I am gonna try some of your good ideeas. The pigeon has a matcho attitude and i hope he will put up with me.


----------



## chriss80

Piggis is camera shy, when I come near him to film him pecking at the seeds he stops. I am not really sure when I am going to manage to show him pecking.


----------



## chriss80

This is the video. It seems that all the places I tried to upload it they just reduce the quality of my videos considerably, I don’t know why but is most inconvenient. Hope you can see that he is not swallowing any of his seeds. He just pecks at them and drops them back down.
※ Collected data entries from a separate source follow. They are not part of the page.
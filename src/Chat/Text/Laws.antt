-- ===== src/Chat/Text/Laws.antt =====
-- Laws of C strings: comparison, and reading a string back from a block.
use mathlib.Core.List.{append_assoc}
use learningproject.Common.{
  ◌≤◌, ap, ◌∙◌, sym, ℕ, zero, suc, ◌-◌, ◌<◌, ◌≡◌, ◌≢◌, ◌↔◌, refl, true, false, List, [], ◌∷◌, ◌++◌,
  none, some, arith, inl, inr, Bool-cases, ==_self, length, take, replicate, take_of_le,
  length-take, length-append, length-replicate,
}
use mathlib.Core.Bool.{false≢true}
use learningproject.Chat.Text.{
  is_alphanumeric, all_alphanumeric, is_letter_or_digit, bounded_string, c_string, str_eq, before,
  safe_strcpy, padded,
}

-- No byte of the text is `stop`.
abbrev pub Without : ℕ → List ℕ → Type 0
Without stop [] = Unit
Without stop (b ∷ bs) = (b ≢ stop) × Without stop bs

pub str_eq_self : (xs : List ℕ) → str_eq xs xs ≡ true
unfolding str_eq
str_eq_self [] = refl
str_eq_self (x ∷ xs) = rw (==_self x, str_eq_self xs)

pub eq_of_str_eq : (xs ys : List ℕ) → str_eq xs ys ≡ true → xs ≡ ys
unfolding str_eq
eq_of_str_eq [] [] h = refl
eq_of_str_eq [] (y ∷ ys) h = cc
eq_of_str_eq (x ∷ xs) [] h = cc
eq_of_str_eq (x ∷ xs) (y ∷ ys) h = ground (arith, eq_of_str_eq xs ys)

pub str_eq_iff : (xs ys : List ℕ) → (str_eq xs ys ≡ true) ↔ (xs ≡ ys)
str_eq_iff xs ys = (eq_of_str_eq xs ys, λ e. rw e (str_eq_self ys))

pub str_eq_ne : (xs ys : List ℕ) → xs ≢ ys → str_eq xs ys ≡ false
str_eq_ne xs ys ne = elim (Bool-cases (str_eq xs ys)) [
  | inl e ↦ absurd (ne (eq_of_str_eq xs ys e))
  | inr e ↦ e
]

-- A string with its final zero is read back, whatever follows in the block.
pub c_string-append : (s rest : List ℕ) → Without 0 s → c_string (s ++ 0 ∷ rest) ≡ some s
unfolding c_string
c_string-append [] rest h = refl
c_string-append (b ∷ bs) rest h = ground (arith, c_string-append bs rest h.1)

pub bounded_string-append :
    (n : ℕ) (s rest : List ℕ)
    → Without 0 s
    → length s ≤ n
    → bounded_string n (s ++ 0 ∷ rest) ≡ some s
unfolding bounded_string
bounded_string-append zero [] rest h lt = refl
bounded_string-append zero (b ∷ bs) rest h lt = absurd (omega arith)
bounded_string-append (suc n) [] rest h lt = refl
bounded_string-append (suc n) (b ∷ bs) rest h lt =
    ground (arith, bounded_string-append n bs rest h.1)

-- In a block with no zero the read runs out of it.
pub c_string-none : (block : List ℕ) → Without 0 block → c_string block ≡ none
unfolding c_string
c_string-none [] h = refl
c_string-none (b ∷ bs) h = ground (arith, c_string-none bs h.1)

pub before-append :
    (stop : ℕ) (s rest : List ℕ) → Without stop s → before stop (s ++ stop ∷ rest) ≡ s
unfolding before
before-append stop [] rest h = rw (==_self stop)
before-append stop (b ∷ bs) rest h = ground (arith, before-append stop bs rest h.1)

pub before_of_Without : (stop : ℕ) (s : List ℕ) → Without stop s → before stop s ≡ s
unfolding before
before_of_Without stop [] h = refl
before_of_Without stop (b ∷ bs) h = ground (arith, before_of_Without stop bs h.1)

-- A string that fits is copied whole, and a field of a message gives it back.
pub safe_strcpy_of_lt : (s : List ℕ) (size : ℕ) → length s < size → safe_strcpy s size ≡ s
unfolding safe_strcpy
safe_strcpy_of_lt s size h = take_of_le (size - 1) s (omega arith)

pub length-padded : (s : List ℕ) (size : ℕ) → 0 < size → length (padded s size) ≡ size
unfolding padded safe_strcpy
length-padded s size h = omega (
  arith,
  length-append (take (size - 1) s) (replicate (size - length (take (size - 1) s)) 0),
  length-take (size - 1) s,
  length-replicate {A = ℕ} (size - length (take (size - 1) s)) 0,
)

-- a string, one or more zeros, and more bytes
c_string-zeros :
    (s rest : List ℕ) (n : ℕ)
    → Without 0 s
    → 0 < n
    → c_string ((s ++ replicate n 0) ++ rest) ≡ some s
c_string-zeros s rest zero h p = absurd (omega arith)
c_string-zeros s rest (suc n) h p = rw append_assoc (c_string-append s (replicate n 0 ++ rest) h)

pub c_string-padded :
    (s rest : List ℕ) (size : ℕ)
    → Without 0 s
    → length s < size
    → c_string (padded s size ++ rest) ≡ some s
unfolding padded
c_string-padded s rest size h lt =
    rw (safe_strcpy_of_lt s size lt) (c_string-zeros s rest (size - length s) h (omega arith))

bounded-zeros :
    (s rest : List ℕ) (k n : ℕ)
    → Without 0 s
    → length s ≤ k
    → 0 < n
    → bounded_string k ((s ++ replicate n 0) ++ rest) ≡ some s
bounded-zeros s rest k zero h le p = absurd (omega arith)
bounded-zeros s rest k (suc n) h le p =
    rw append_assoc (bounded_string-append k s (replicate n 0 ++ rest) h le)

pub bounded_string-padded :
    (s rest : List ℕ) (size : ℕ)
    → Without 0 s
    → length s < size
    → bounded_string (size - 1) (padded s size ++ rest) ≡ some s
unfolding padded
bounded_string-padded s rest size h lt =
    rw (safe_strcpy_of_lt s size lt)
      (bounded-zeros s rest (size - 1) (size - length s) h (omega arith) (omega arith))

all_alphanumeric-Without :
    (stop : ℕ) (s : List ℕ)
    → is_letter_or_digit stop ≡ false
    → all_alphanumeric s ≡ true
    → Without stop s
unfolding all_alphanumeric
all_alphanumeric-Without stop [] no_stop e = tt
all_alphanumeric-Without stop (c ∷ cs) no_stop e = elim (Bool-cases (is_letter_or_digit c)) [
  | inl fine ↦ (
    λ same. false≢true (sym no_stop ∙ ap is_letter_or_digit (sym same) ∙ fine),
    all_alphanumeric-Without stop cs no_stop (ground (arith, fine)),
  )
  | inr bad ↦ absurd (ground (arith, bad))
]

is_alphanumeric-all :
    (s : List ℕ) → is_alphanumeric s ≡ true → (0 < length s) × (all_alphanumeric s ≡ true)
unfolding is_alphanumeric
is_alphanumeric-all s e = ground arith

-- What is_alphanumeric accepts is not empty, and has neither zero nor colon nor newline.
pub is_alphanumeric-Without :
    (s : List ℕ)
    → is_alphanumeric s ≡ true
    → (0 < length s) × Without 0 s × Without b':' s × Without 10 s
unfolding is_letter_or_digit
is_alphanumeric-Without s e =
    let (some_byte, all) = is_alphanumeric-all s e in
    (
      some_byte,
      all_alphanumeric-Without 0 s refl all,
      all_alphanumeric-Without b':' s refl all,
      all_alphanumeric-Without 10 s refl all,
    )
He just appears to be eating.

This is sthe link:

http://video.google.co.uk/videoplay?docid=4085768223976042226


----------



## Maggie-NC

It was hard to tell if he swallowed any but you might try some smaller seed. Even though nothing I saw pointed to PMV, the fact that he is two years old means he should be able to swallow seed the size in the bowl, but, try some smaller ones.

He is a lovely pigeon.


----------



## chriss80

I got this seeds mix he likes I think. It has many hempseeds it. Most of the seeds are small and he is very enthusiastic about them but I am afraid no seed goes missing from the bowl.


----------



## pdpbison

Hi chriss80,




What are his poops looking like? Color wise, size wise, consistancy wise...?
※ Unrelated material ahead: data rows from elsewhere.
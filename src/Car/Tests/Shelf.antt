-- ===== src/Car/Tests/Shelf.antt =====
-- A database in memory for the trips of MyCarUI/HistoryDatabase.cpp, that does what the statements say:
-- tables are lists of rows, the newest first.
pub mod Laws
use mathlib.Core.List.{Memᴰ, Perm}
use mathlib.Core.List.Perm
use mathlib.Core.List.Memᴰ
use learningproject.Common.{
  ℕ, ◌≡◌, refl, sym, ap, ◌∙◌, Bool, true, false, ◌&&◌, List, [], ◌∷◌, ◌++◌, Option, none, some,
  arith, inl, inr, length, take, map, if◌then◌else◌, Bool-cases, Option-cases,
}
use learningproject.Chat.Text.{utf8, str_eq}
use learningproject.Chat.Text.Laws.{eq_of_str_eq, str_eq_self}
use learningproject.Car.History.Interface.{
  HistoryData, Sql, find_table, table_info, create_new, copy, drop, rename, add_speed, create,
  count_trips, select_latest, delete_all, reset_sequence, insert, delete_one, RowOf, Sqlite, Reads,
  IsSame, Documented,
}

pub record Table : Type 0 where
  pub columns : List (List ℕ)
  pub rows : List HistoryData

pub record Tables : Type 0 where
  pub trips : Option Table
  pub trips_new : Option Table

-- `kept` are the tables to which a rollback goes back.
pub record Shelf : Type 0 where
  pub tables : Tables
  pub kept : Option Tables

abbrev pub empty_table : Table
empty_table = record { columns = utf8 "date" ∷ utf8 "speed" ∷ []; rows = [] }

abbrev pub with_speed : HistoryData → HistoryData
with_speed t = record t { speed = utf8 "--" }

unfoldable pub same_trip : (from to date : List ℕ) → HistoryData → Bool
same_trip from to date t = str_eq t.from from && (str_eq t.to to && str_eq t.date date)

unfoldable pub without_one : (from to date : List ℕ) → List HistoryData → List HistoryData
without_one from to date [] = []
without_one from to date (t ∷ ts) =
    let rest = without_one from to date ts in if same_trip from to date t then ts else t ∷ rest

abbrev pub on_trips : Tables → (Table → List HistoryData) → Option (List (Unit {0}) × Tables)
on_trips d rows = elim d.trips [
  | none ↦ none
  | some t ↦ some ([], record d { trips = some (record t { rows = rows t }) })
]

unfoldable pub run : (q : Sql) → Tables → Option (List (RowOf q) × Tables)
run find_table d = elim d.trips [ none ↦ some ([], d) | some t ↦ some (tt ∷ [], d) ]
run table_info d = elim d.trips [ none ↦ some ([], d) | some t ↦ some (t.columns, d) ]
run create_new d = elim d.trips_new [
  | none ↦ some ([], record d { trips_new = some empty_table })
  | some t ↦ none
]
run copy d = elim d.trips [
  | none ↦ none
  | some t ↦
      some ([], record d { trips_new = some (record empty_table { rows = map with_speed t.rows }) })
]
run drop d = elim d.trips [ none ↦ none | some t ↦ some ([], record d { trips = none }) ]
run rename d = elim d.trips [
  | none ↦ some ([], record { trips = d.trips_new; trips_new = none })
  | some t ↦ none
]
run add_speed d = elim d.trips [
  | none ↦ none
  | some t ↦ some (
    [],
    record d {
      trips =
          some (record { columns = t.columns ++ utf8 "speed" ∷ []; rows = map with_speed t.rows });
    },
  )
]
run create d = elim d.trips [
  | none ↦ some ([], record d { trips = some empty_table })
  | some t ↦ some ([], d)
]
run count_trips d = elim d.trips [ none ↦ none | some t ↦ some (length t.rows ∷ [], d) ]
run select_latest d = elim d.trips [ none ↦ none | some t ↦ some (take 50 t.rows, d) ]
run delete_all d = on_trips d (λ t. [])
run reset_sequence d = some ([], d)
run (insert new) d = on_trips d (λ t. new ∷ t.rows)
run (delete_one from to date) d = on_trips d (λ t. without_one from to date t.rows)

abbrev pub shelf : Sqlite Shelf
shelf = record {
  exec = λ q d. elim (run q d.tables) [
    | none ↦ none
    | some (rows, tables) ↦ some (rows, record d { tables = tables })
  ];
  transaction = λ d. elim d.kept [ none ↦ record d { kept = some d.tables } | some tables ↦ d ];
  commit = λ d. record d { kept = none };
  rollback = λ d. elim d.kept [ none ↦ d | some tables ↦ record { tables = tables; kept = none } ];
}

abbrev pub newest : Shelf → List HistoryData
newest d = elim d.tables.trips [ none ↦ [] | some t ↦ t.rows ]

abbrev pub saved : Shelf → Option Shelf
saved d = elim d.kept [ none ↦ none | some tables ↦ some (record { tables = tables; kept = none }) ]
If you have a light color Towell for the Cage bottom, it will be more comfortable for him, and, easier to see the poops...
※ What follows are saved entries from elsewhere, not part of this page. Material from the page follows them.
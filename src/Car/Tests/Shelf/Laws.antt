-- ===== src/Car/Tests/Shelf/Laws.antt =====
-- The database in memory does what MyCarUI/HistoryDatabase.cpp expects.
use mathlib.Core.List.{Memᴰ, Perm}
use mathlib.Core.List.Perm
use mathlib.Core.List.Memᴰ
use learningproject.Common.{
  ℕ, ◌≡◌, refl, sym, ap, ◌∙◌, true, false, List, [], ◌∷◌, none, some, arith, inl, inr, length, take,
  Bool-cases, Option-cases,
}
use learningproject.Chat.Text.{str_eq}
use learningproject.Chat.Text.Laws.{eq_of_str_eq, str_eq_self}
use learningproject.Car.History.Interface.{
  HistoryData, Sql, find_table, table_info, create_new, copy, drop, rename, add_speed, create,
  count_trips, select_latest, delete_all, reset_sequence, insert, delete_one, RowOf, Reads, IsSame,
  Documented,
}
use learningproject.Car.Tests.Shelf.{
  Table, Tables, Shelf, same_trip, without_one, on_trips, run, shelf, newest, saved,
}

-- how a statement's result comes about
abbrev pub Ran : (q : Sql) (db db' : Shelf) (rows : List (RowOf q)) → Type 0
Ran q db db' rows =
    (tables : Tables) × (run q db.tables ≡ some (rows, tables))
    × (db' ≡ record db { tables = tables })

pub exec-run :
    (q : Sql) (db db' : Shelf) (rows : List (RowOf q))
    → shelf.exec q db ≡ some (rows, db')
    → Ran q db db' rows
exec-run q db db' rows e = elim (Option-cases (run q db.tables)) [
  | inl failed ↦ absurd (let no : none ≡ some (rows, db') = rw (failed, shelf) at e in cc)
  | inr ((rows', tables), ran) ↦
      let got : some (rows', record db { tables = tables }) ≡ some (rows, db') =
        rw (ran, shelf) at e in
      (tables, cc, cc)
]

run-Reads :
    (q : Sql) (d d' : Tables) (rows : List (RowOf q)) → Reads q → run q d ≡ some (rows, d') → d' ≡ d
unfolding run
run-Reads find_table d d' rows h e = ground (arith, Option-cases d.trips, e)
run-Reads table_info d d' rows h e = ground (arith, Option-cases d.trips, e)
run-Reads count_trips d d' rows h e = ground (arith, Option-cases d.trips, e)
run-Reads select_latest d d' rows h e = ground (arith, Option-cases d.trips, e)
run-Reads create_new d d' rows h e = elim h [ ]
run-Reads copy d d' rows h e = elim h [ ]
run-Reads drop d d' rows h e = elim h [ ]
run-Reads rename d d' rows h e = elim h [ ]
run-Reads add_speed d d' rows h e = elim h [ ]
run-Reads create d d' rows h e = elim h [ ]
run-Reads delete_all d d' rows h e = elim h [ ]
run-Reads reset_sequence d d' rows h e = elim h [ ]
run-Reads (insert t) d d' rows h e = elim h [ ]
run-Reads (delete_one from to date) d d' rows h e = elim h [ ]

pub exec-Reads :
    (q : Sql) (db db' : Shelf) (rows : List (RowOf q))
    → Reads q
    → shelf.exec q db ≡ some (rows, db')
    → db' ≡ db
exec-Reads q db db' rows h e =
    let (tables, ran, after) = exec-run q db db' rows e in
    after ∙ ap (λ t. record db { tables = t }) (run-Reads q db.tables tables rows h ran)

pub exec-saved :
    (q : Sql) (db db' : Shelf) (rows : List (RowOf q))
    → shelf.exec q db ≡ some (rows, db')
    → saved db' ≡ saved db
exec-saved q db db' rows e =
    let (tables, ran, after) = exec-run q db db' rows e in ap (λ d. saved d) after

pub run-count_trips :
    (d d' : Tables) (rows : List ℕ)
    → run count_trips d ≡ some (rows, d')
    → rows ≡ length (newest (record { tables = d; kept = none })) ∷ []
unfolding run
run-count_trips d d' rows e = ground (arith, Option-cases d.trips, e)

pub run-select_latest :
    (d d' : Tables) (rows : List HistoryData)
    → run select_latest d ≡ some (rows, d')
    → rows ≡ take 50 (newest (record { tables = d; kept = none }))
unfolding run
run-select_latest d d' rows e = ground (arith, Option-cases d.trips, e)

-- a change of the rows
on_trips-some :
    (d d' : Tables) (change : Table → List HistoryData) (done : List Unit)
    → on_trips d change ≡ some (done, d')
    → (t : Table) × (d.trips ≡ some t) × (d'.trips ≡ some (record t { rows = change t }))
on_trips-some d d' change done e = elim (Option-cases d.trips) [
  | inl missing ↦ absurd (let no : none ≡ some (done, d') = rw missing at e in cc)
  | inr (t, there) ↦
      let got : some ([], record d { trips = some (record t { rows = change t }) })
          ≡ some (done, d') =
        rw there at e in
      (t, there, cc)
]

same_trip-IsSame : (t x : HistoryData) → same_trip t.from t.to t.date x ≡ true → IsSame x t
unfolding same_trip
same_trip-IsSame t x e = elim (Bool-cases (str_eq x.from t.from)) [
  | inr other ↦ ground (arith, other, e)
  | inl first ↦ elim (Bool-cases (str_eq x.to t.to)) [
    | inr other ↦ ground (arith, first, other, e)
    | inl second ↦
        let third : str_eq x.date t.date ≡ true = ground (arith, first, second, e) in
        (
          eq_of_str_eq x.from t.from first,
          eq_of_str_eq x.to t.to second,
          eq_of_str_eq x.date t.date third,
        )
  ]
]

same_trip_self : (t : HistoryData) → same_trip t.from t.to t.date t ≡ true
unfolding same_trip
same_trip_self t = rw (str_eq_self t.from, str_eq_self t.to, str_eq_self t.date) refl

-- of the rows that match, one goes
without_one-Perm :
    (t : HistoryData) (ts : List HistoryData)
    → Memᴰ t ts
    → (gone : HistoryData) × IsSame gone t × Perm ts (gone ∷ without_one t.from t.to t.date ts)
unfolding without_one
without_one-Perm t [] m = absurd (Memᴰ.not-nil m)
without_one-Perm t (x ∷ xs) m = elim (Bool-cases (same_trip t.from t.to t.date x)) [
  | inl same ↦ rw (same, without_one) (x, same_trip-IsSame t x same, Perm.refl (x ∷ xs))
  | inr other ↦ elim (Memᴰ.cases_cons m) [
    | inl is_x ↦
        let self : same_trip t.from t.to t.date x ≡ true =
          ap (λ y. same_trip t.from t.to t.date y) (sym is_x) ∙ same_trip_self t in
        absurd (let no : false ≡ true = sym other ∙ self in cc)
    | inr later ↦
        let (gone, same, moved) = without_one-Perm t xs later in
        let swapped : Perm (x ∷ xs) (gone ∷ x ∷ without_one t.from t.to t.date xs) =
          Perm.trans (Perm.cons x moved) (Perm.swap gone x (without_one t.from t.to t.date xs)) in
        rw (other, without_one) (gone, same, swapped)
  ]
]

pub run-insert :
    (t : HistoryData) (d d' : Tables) (done : List Unit)
    → run (insert t) d ≡ some (done, d')
    → Perm
        (newest (record { tables = d'; kept = none }))
        (t ∷ newest (record { tables = d; kept = none }))
unfolding run
run-insert t d d' done e =
    let (table, there, after) = on_trips-some d d' (λ x. t ∷ x.rows) done e in
    rw (there, after) (Perm.refl (t ∷ table.rows))

pub run-delete_one :
    (t : HistoryData) (d d' : Tables) (done : List Unit)
    → Memᴰ t (newest (record { tables = d; kept = none }))
    → run (delete_one t.from t.to t.date) d ≡ some (done, d')
    → (gone : HistoryData) × IsSame gone t
      × Perm
          (newest (record { tables = d; kept = none }))
          (gone ∷ newest (record { tables = d'; kept = none }))
unfolding run
run-delete_one t d d' done m e =
    let (table, there, after) =
      on_trips-some d d' (λ x. without_one t.from t.to t.date x.rows) done e in
    let held : Memᴰ t table.rows = rw there at m in
    rw (there, after) (without_one-Perm t table.rows held)

pub rollback-saved : (db before : Shelf) → saved db ≡ some before → shelf.rollback db ≡ before
rollback-saved db before e = ground (arith, Option-cases db.kept, e)

pub transaction-saved : (db : Shelf) → saved db ≡ none → saved (shelf.transaction db) ≡ some db
transaction-saved db e = elim (Option-cases db.kept) [
  | inl idle ↦ rw (idle, shelf) refl
  | inr (tables, active) ↦
      absurd (let no : some (record { tables = tables; kept = none }) ≡ none = rw active at e in cc)
]

pub rollback-idle : (db : Shelf) → saved db ≡ none → shelf.rollback db ≡ db
rollback-idle db e = ground (arith, Option-cases db.kept, e)

-- The database does what the code expects.
unfoldable pub documented_shelf : Documented shelf
documented_shelf = record {
  newest = λ db. newest db;
  saved = λ db. saved db;
  exec-Reads = exec-Reads;
  exec-saved = exec-saved;
  exec-count_trips = λ db db' rows e.
      let (tables, ran, after) = exec-run count_trips db db' rows e in
      run-count_trips db.tables tables rows ran;
  exec-select_latest = λ db db' rows e.
      let (tables, ran, after) = exec-run select_latest db db' rows e in
      run-select_latest db.tables tables rows ran;
  exec-insert = λ t db db' rows e.
      let (tables, ran, after) = exec-run (insert t) db db' rows e in
      rw after (run-insert t db.tables tables rows ran);
  exec-delete_one = λ t db db' rows m e.
      let (tables, ran, after) = exec-run (delete_one t.from t.to t.date) db db' rows e in
      rw after (run-delete_one t db.tables tables rows m ran);
  transaction-saved = λ db idle. inl (transaction-saved db idle);
  rollback-saved = rollback-saved;
  rollback-idle = rollback-idle;
}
I think he is sick...possibly, has some bruised Nerves as well...but lets see if we can get anywhere trying to see if there are any clues or symptoms for the 'might be sick' line of thinking...


Phil
l v


----------



## chriss80

Hello Phil
I will take the pictures soon; I just need a brighter day for my camera to be able to take the photos accurately and come with a description.


----------



## pdpbison

Hi Chriss80, 


Just a good verbal description would be fine...( as for what the poops are looking like these days...)


I get Birds who have been ill or injured and who overall look tolerably alright, but they can not seem to peck effectively for a while.

Nerve injury, Brain injury, illness...somehow the fine co-ordinations for the action of pecking effectively, gets thrown off or interfered with...they 'Peck' and at a glance, it LOOK as if they are eating, but they are not opening their Beaks far enough to get anything, or, if they are, they are not closing their Beaks at the operatively right instant to retain the Seed, or their Tongue is not 'hooking' the Seed to pull it back for being swallowed after their Beak closes on it, when the Beak then in fact opens slightly for their Tongue to hook the Seed and pull it 'back'...and, so, they 'Peck', they scatter their Seeds, and meanwhile, they have actually gotten little to nothing at all in their Crops.


Has he been 'wormed'? 

You could get him on the famous ACV-Water for the next ten days say...


And, do a few rounds of 'Seed Pop' each day, if you are not already...and, if you are not familiar with this proceedure, I'd be glad to run you through it.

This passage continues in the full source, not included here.